━━━ Task material ━━━
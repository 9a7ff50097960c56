-- ===== src/Routes/Stream.antt =====
-- src/routes/stream.rs with the callbacks of src/routes/chat.rs: a streamed response and its record.
use mybro.Prelude.{
  ℕ, ◌≡◌, refl, ap, Bool, true, false, ◌||◌, Option, none, some, List, [], ◌∷◌, ◌++◌, ltb,
  if◌then◌else◌, map,
}
use mybro.Routes.{Env, elapsed_ms}
use mybro.Stats.{RequestRecord}
use mybro.UsageParse.{Usage, no_usage, Accumulator, new_accumulator, ingest, finish}
use mybro.UsageParse.Chunks.{concat, ingest_all, lines, finish-ingest_all}
use mybro.UsageParse.Lines.{process_all}

-- What the byte stream of a response yields, each at its instant: a chunk, or an error.
pub data Item : Type 0 where
  chunk : ℕ → List ℕ → Item
  broken : ℕ → Item

-- `on_complete`: the record that is handed to the collector.
unfoldable pub on_complete : ℕ → ℕ → Usage → RequestRecord → RequestRecord
on_complete now req_start usage r = record r {
  duration_ms = elapsed_ms now req_start;
  tokens_in = usage.tokens_in;
  tokens_out = usage.tokens_out;
  cached_tokens = usage.cached;
  cache_creation_tokens = usage.creation;
  cached = ltb 0 usage.cached || ltb 0 usage.creation;
}

-- `on_first`, where it is called for the first time.
unfoldable pub on_first : ℕ → ℕ → Bool → RequestRecord → RequestRecord
on_first now start first_arrived r =
    if first_arrived then r else record r { ttft_ms = some (elapsed_ms now start) }

-- The time to the first chunk, if there is one.
abbrev pub first_ttft : ℕ → List (ℕ × List ℕ) → Option ℕ → Option ℕ
first_ttft start [] old = old
first_ttft start (c ∷ cs) old = some (elapsed_ms c.0 start)

-- Chunks with their instants, and no error.
abbrev pub chunks : List (ℕ × List ℕ) → List Item
chunks [] = []
chunks (c ∷ cs) = chunk c.0 c.1 ∷ chunks cs

module _ (env : Env) (start req_start finished_at : ℕ) where
  -- The stream that `pipe_response` makes, consumed to its end at `finished_at`. The result is the
  -- record of `on_complete`; an error ends the stream before it.
  unfoldable pub pipe_response :
      Bool → List Item → Accumulator → RequestRecord → Option RequestRecord
  pipe_response first_arrived [] a r =
      some (on_complete finished_at req_start (finish env.from_str env.from_slice a).1 r)
  pipe_response first_arrived (broken now ∷ items) a r = none
  pipe_response first_arrived (chunk now bytes ∷ items) a r =
      pipe_response true items (ingest env.from_str env.from_slice bytes a)
        (on_first now start first_arrived r)

  pipe-arrived :
      (cs : List (ℕ × List ℕ)) (a : Accumulator) (r : RequestRecord)
      → pipe_response true (chunks cs) a r
        ≡ some (
            on_complete finished_at req_start
              (finish env.from_str env.from_slice
                (ingest_all env.from_str env.from_slice (map (λ c. c.1) cs) a)).1
              r)
  unfolding pipe_response ingest_all on_first
  pipe-arrived [] a r = refl
  pipe-arrived (c ∷ cs) a r = pipe-arrived cs (ingest env.from_str env.from_slice c.1 a) r

  -- A stream that ends without an error leaves one record: the one it began with, with the time from
  -- the call to the first chunk, the duration from the request to the end, and the four figures of the usage
  -- of the lines of the whole text, however it was cut into chunks; it is cached where a cache was read or
  -- written.
  pub pipe_response-chunks :
      (cs : List (ℕ × List ℕ)) (r : RequestRecord)
      → pipe_response false (chunks cs) new_accumulator r ≡ (
          let u =
            process_all env.from_str env.from_slice (lines (concat (map (λ c. c.1) cs))) no_usage in
          some (record r {
            duration_ms = elapsed_ms finished_at req_start;
            ttft_ms = first_ttft start cs r.ttft_ms;
            tokens_in = u.tokens_in;
            tokens_out = u.tokens_out;
            cached_tokens = u.cached;
            cache_creation_tokens = u.creation;
            cached = ltb 0 u.cached || ltb 0 u.creation;
          }))
  unfolding pipe_response on_first on_complete ingest_all
  pipe_response-chunks [] r =
      ap (λ u. some (on_complete finished_at req_start u r))
        (finish-ingest_all env.from_str env.from_slice [])
  pipe_response-chunks (c ∷ cs) r =
      rw (← finish-ingest_all env.from_str env.from_slice (map (λ c. c.1) (c ∷ cs))) (
        pipe-arrived cs (ingest env.from_str env.from_slice c.1 new_accumulator)
          (record r { ttft_ms = some (elapsed_ms c.0 start) }))

  -- A stream that breaks off with an error, after any chunks, leaves no record.
  pub pipe_response-broken :
      (cs : List (ℕ × List ℕ)) (now : ℕ) (items : List Item) (first : Bool) (a : Accumulator)
      (r : RequestRecord)
      → pipe_response first (chunks cs ++ broken now ∷ items) a r ≡ none
  unfolding pipe_response
  pipe_response-broken [] now items first a r = refl
  pipe_response-broken (c ∷ cs) now items first a r =
      pipe_response-broken cs now items true (ingest env.from_str env.from_slice c.1 a)
        (on_first c.0 start first r)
━━━
■ **Exercise description**:
For this exercise, output exactly the lines above from the line with "first_ttft start [] old = old" to the line with "module _ (env", counting both, and leave out the rest.

■ **Your response**:
first_ttft start [] old = old
first_ttft start (c ∷ cs) old = some (elapsed_ms c.0 start)

-- Chunks with their instants, and no error.
abbrev pub chunks : List (ℕ × List ℕ) → List Item
chunks [] = []
chunks (c ∷ cs) = chunk c.0 c.1 ∷ chunks cs

module _ (env : Env) (start req_start finished_at : ℕ) where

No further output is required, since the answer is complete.